Major US Cancer Institutions Unite to Revolutionize Oncology with AI
Four leading cancer medical centres in the US have partnered to identify new ways to use AI tools to transform cancer research and care. Backed by $40 million in funding, the Cancer AI Alliance (CAIA) aims to become a milestone in leveraging the potential of technology to assist oncology development.
The alliance, formed by Fred Hutch Cancer Center – the coordinating body that secured its initial funding-, Dana-Farber Cancer Institute, Memorial Sloan Kettering Cancer Center, and The Sidney Kimmel Comprehensive Cancer Center and Whiting School of Engineering at Johns Hopkins, will rely on records from all participating centres while focusing on preserving data confidentiality. To achieve this, it will be joining forces with global technology giants AWS, Deloitte, Microsoft and NVIDIA.
AI As a Tool For Data Processing Acceleration
One of the main challenges that modern cancer researchers face when it comes to utilising AI devices is acquiring the computing resources needed to evaluate huge amounts of data quickly.
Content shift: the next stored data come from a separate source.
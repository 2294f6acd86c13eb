-- ===== src/Sweep/Turns.antt =====
-- The loop of sends and polls at one queue depth, driver/flow_control.c.
use mathlib.Core.Option
use dmaplane_master.Base.{
  sym, ap, ◌++◌, ◌≢◌, ℕ, zero, suc, ◌+◌, ◌-◌, ◌<◌, ◌≤◌, ◌≡◌, ◌⊎◌, refl, ◌∙◌, inl, inr, true, false,
  Bool-cases, Option-cases, ◌&&◌, ltb, List, [], ◌∷◌, Option, none, some, length, length-append,
  u32_mod, arith, Errno,
}
use dmaplane_master.Region.Register.{Polled, completion, nothing, poll_error}
use dmaplane_master.Sweep.{
  Point, SweepTurn, SweepEnd, finished, running, aborted, send_all, complete_one, after_poll,
  after_sends, sweep_turn, sweep_loop,
}

-- The counters agree, and stay within the depth and the number of iterations.
pub record Counted (qdepth iterations : ℕ) (p : Point) : Type 0 where
  pub agree : p.sent ≡ p.completed + p.outstanding
  pub window : p.outstanding ≤ qdepth
  pub bound : p.sent ≤ iterations
  pub posted : p.recv_posted ≤ iterations
  pub recorded : (xs : List ℕ) → p.latencies ≡ some xs → length xs ≡ p.completed

module _ (qdepth iterations : ℕ) where
  -- The sends keep the counters, and end at an error, at the last iteration or with the window full.
  send_all-Counted :
      (send : ℕ → Option Errno) (n i : ℕ) (p : Point)
      → Counted qdepth iterations p
      → p.sent + n ≡ iterations
      → Counted qdepth iterations (send_all send qdepth iterations n i p).1
        × (((send_all send qdepth iterations n i p).0 ≡ none)
            → ((send_all send qdepth iterations n i p).1.sent ≡ iterations)
              ⊎ (qdepth ≤ (send_all send qdepth iterations n i p).1.outstanding))
  unfolding send_all
  send_all-Counted send zero i p c h = (c, λ e. inl (omega arith))
  send_all-Counted send (suc n) i p c h = elim (Bool-cases (ltb p.outstanding qdepth)) [
    | inr f ↦
        let t : ltb p.sent iterations ≡ true = ground (arith, h) in
        rw (t, f) (c, λ e. inr (ground (arith, f)))
    | inl f ↦
        let t : ltb p.sent iterations ≡ true = ground (arith, h) in
        elim (Option-cases (send i)) [
          | inr (e, g) ↦ rw (t, f, g) (c, λ x. absurd (ground (arith, x)))
          | inl g ↦
              rw (t, f, g)
                (send_all-Counted send n (suc i)
                  (record p { sent = p.sent + 1; outstanding = p.outstanding + 1 })
                  (record {
                    agree = omega (arith, c.agree);
                    window = ground (arith, f);
                    bound = omega (arith, h);
                    posted = c.posted;
                    recorded = c.recorded;
                  })
                  (omega (arith, h)))
        ]
  ]

  pub send_all-completed :
      (send : ℕ → Option Errno) (n i : ℕ) (p : Point)
      → (send_all send qdepth iterations n i p).1.completed ≡ p.completed
  unfolding send_all
  send_all-completed send zero i p = refl
  send_all-completed send (suc n) i p =
      let ih =
        send_all-completed send n (suc i)
          (record p { sent = p.sent + 1; outstanding = p.outstanding + 1 }) in
      elim (Bool-cases (ltb p.sent iterations && ltb p.outstanding qdepth)) [
        | inr f ↦ rw f refl
        | inl f ↦ elim (Option-cases (send i)) [
          | inl g ↦ rw (f, g) ih
          | inr (e, g) ↦ rw (f, g) refl
        ]
      ]

  module _ (small : iterations < u32_mod) (deep : 1 ≤ qdepth) where
    recorded_one :
        (t : SweepTurn) (p : Point)
        → Counted qdepth iterations p
        → (xs : List ℕ) → Option.map (λ ys. ys ++ (t.latency ∷ [])) p.latencies ≡ some xs
        → length xs ≡ p.completed + 1
    recorded_one t p c xs h = elim (Option-cases p.latencies) [
      | inl e ↦ let z = ap (Option.map (λ ys. ys ++ (t.latency ∷ []))) e in cc
      | inr (ys, e) ↦
          let z = sym (ap (Option.map (λ zs. zs ++ (t.latency ∷ []))) e) ∙ h in
          let same : ys ++ (t.latency ∷ []) ≡ xs = cc in
          sym (ap length same) ∙ length-append ys (t.latency ∷ []) ∙ omega (arith, c.recorded ys e)
    ]

    complete_one-Counted :
        (t : SweepTurn) (p : Point)
        → Counted qdepth iterations p
        → 1 ≤ p.outstanding
        → Counted qdepth iterations (complete_one iterations t p)
    unfolding complete_one
    complete_one-Counted t p c h = record {
      agree = omega (arith, c.agree, c.bound);
      window = omega (arith, c.agree, c.bound, c.window);
      bound = c.bound;
      posted = ground (arith, c.posted);
      recorded = recorded_one t p c;
    }

    after_poll-Counted :
        (t : SweepTurn) (x : Polled) (p : Point)
        → Counted qdepth iterations p
        → 1 ≤ p.outstanding
        → Counted qdepth iterations (after_poll iterations t x p).1
          × ((after_poll iterations t x p).0 ≢ finished)
    unfolding after_poll
    after_poll-Counted t (completion true) p c h =
        (complete_one-Counted t p c h, λ f. absurd (ground (arith, f)))
    after_poll-Counted t (completion false) p c h = (c, λ f. absurd (ground (arith, f)))
    after_poll-Counted t nothing p c h = (c, λ f. absurd (ground (arith, f)))
    after_poll-Counted t (poll_error e) p c h = (c, λ f. absurd (ground (arith, f)))

    after_sends-Counted :
        (t : SweepTurn) (x : Option Errno × Point)
        → Counted qdepth iterations x.1
        → (x.0 ≡ none → 1 ≤ x.1.outstanding)
        → Counted qdepth iterations (after_sends iterations t x).1
          × ((after_sends iterations t x).0 ≢ finished)
    unfolding after_sends
    after_sends-Counted t (some e, p) c h = (c, λ f. absurd (ground (arith, f)))
    after_sends-Counted t (none, p) c h = after_poll-Counted t t.poll p c (h refl)

    turn-Counted :
        (t : SweepTurn) (p : Point)
        → Counted qdepth iterations p
        → p.completed < iterations
        → Counted qdepth iterations (sweep_turn qdepth iterations t p).1
          × ((sweep_turn qdepth iterations t p).0 ≢ finished)
    unfolding sweep_turn
    turn-Counted t p c l =
        let n = iterations - p.sent in
        let (d, e) = send_all-Counted t.send n 0 p c (omega (arith, c.bound)) in
        let same = send_all-completed t.send n 0 p in
        after_sends-Counted t (send_all t.send qdepth iterations n 0 p) d
          (λ f. elim (e f) [ inl g ↦ omega (arith, g, d.agree, same) | inr g ↦ omega (arith, g) ])

    -- What holds of the loop's end
    abbrev Good : SweepEnd × Point → Type 0
    Good r = Counted qdepth iterations r.1 × (r.0 ≡ finished → r.1.completed ≡ iterations)

    choose :
        (x rest : SweepEnd × Point)
        → Counted qdepth iterations x.1
        → x.0 ≢ finished
        → Good rest
        → Good (elim (x.0) [ running ↦ rest | finished ↦ x | aborted e ↦ x ])
    choose (running, p) rest c n g = g
    choose (finished, p) rest c n g = absurd (n refl)
    choose (aborted e, p) rest c n g = (c, λ f. absurd (n f))

    pub loop-Counted :
        (ts : List SweepTurn) (p : Point)
        → Counted qdepth iterations p
        → Good (sweep_loop qdepth iterations ts p)
    unfolding sweep_loop
    loop-Counted [] p c = elim (Bool-cases (ltb p.completed iterations)) [
      | inr f ↦ rw f (c, λ e. ground (arith, c.agree, c.bound, f))
      | inl f ↦ rw f (c, λ e. absurd (ground (arith, e)))
    ]
    loop-Counted (t ∷ ts) p c = elim (Bool-cases (ltb p.completed iterations)) [
      | inr f ↦ rw f (c, λ e. ground (arith, c.agree, c.bound, f))
      | inl f ↦
          let (d, n) = turn-Counted t p c (ground (arith, f)) in
          rw f (
            choose (sweep_turn qdepth iterations t p) _ d n
              (loop-Counted ts (sweep_turn qdepth iterations t p).1 d))
    ]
To address this issue, CAIA will provide members of the alliance with computer capacity to handle large amounts of information generated during normal cancer care, such as electronic health records, pathology imaging, medical images, and genomic sequences.
With AI, the data examination process is faster and more effective, and could potentially lead to significant advancements in tumor biology, treatment resistance, and the identification of new therapeutic targets.
The Downside of AI
AI-powered technologies often need to rely on real patient data to strengthen the learning mechanisms that enable them to function correctly.
However, the increasing application of AI tools in healthcare has made evident severe data privacy concerns. AI systems often acquire, handle and analyze sensitive data, including real medical information, and these procedures are on some occasions carried out without prior patient consent.
CAIA proposes a potential solution to this issue. The goal of the partnership is utilizing responsible AI to harness the combined data from the participating cancer centres, aiming to uncover valuable insights while ensuring data security, privacy, and compliance with regulatory and ethical norms.
CAIA will employ a federated AI learning architecture with rigorous governance, in which each cancer centre retains its own data and AI models are applied to the data to create results. The data are then averaged across participating members to reveal valuable insights while maintaining confidentiality.
As Thomas J. Lynch Jr., MD, Fred Hutch’s president and director and holder of the Raisbeck Endowed Chair stated, “Collectively, the data held by the nation’s leading cancer centers has been an untapped source of new cancer discoveries that has been out of reach. This alliance helps solve the key technical challenges that will enable us to securely use both AI and massive computational power to find these breakthrough insights and save more lives.”
What’s Next?
CAIA is planned to begin operations by the end of 2024 and produce its first insights by the end of 2025.
If successful, this cooperation could represent a potential step forward in overcoming the recurring privacy hurdle in the use of AI in medicine, guaranteeing that AI technologies are used in cancer development while protecting patient privacy.
As NVIDIA’s CEO Jensen Huang said, “The convergence of AI, multimodal healthcare data and federated learning will usher in a new era for cancer research.”
Although AI has already proven to be an invaluable tool to enhance research and treatment for different types of cancer, CAIA must overcome significant obstacles before these tools can be considered reliable in revolutionizing cancer care. Therefore, ensuring the accuracy and robustness of AI models, addressing biases in the data, and establishing transparent and explainable AI systems will be critical for technology’s long-term success in healthcare.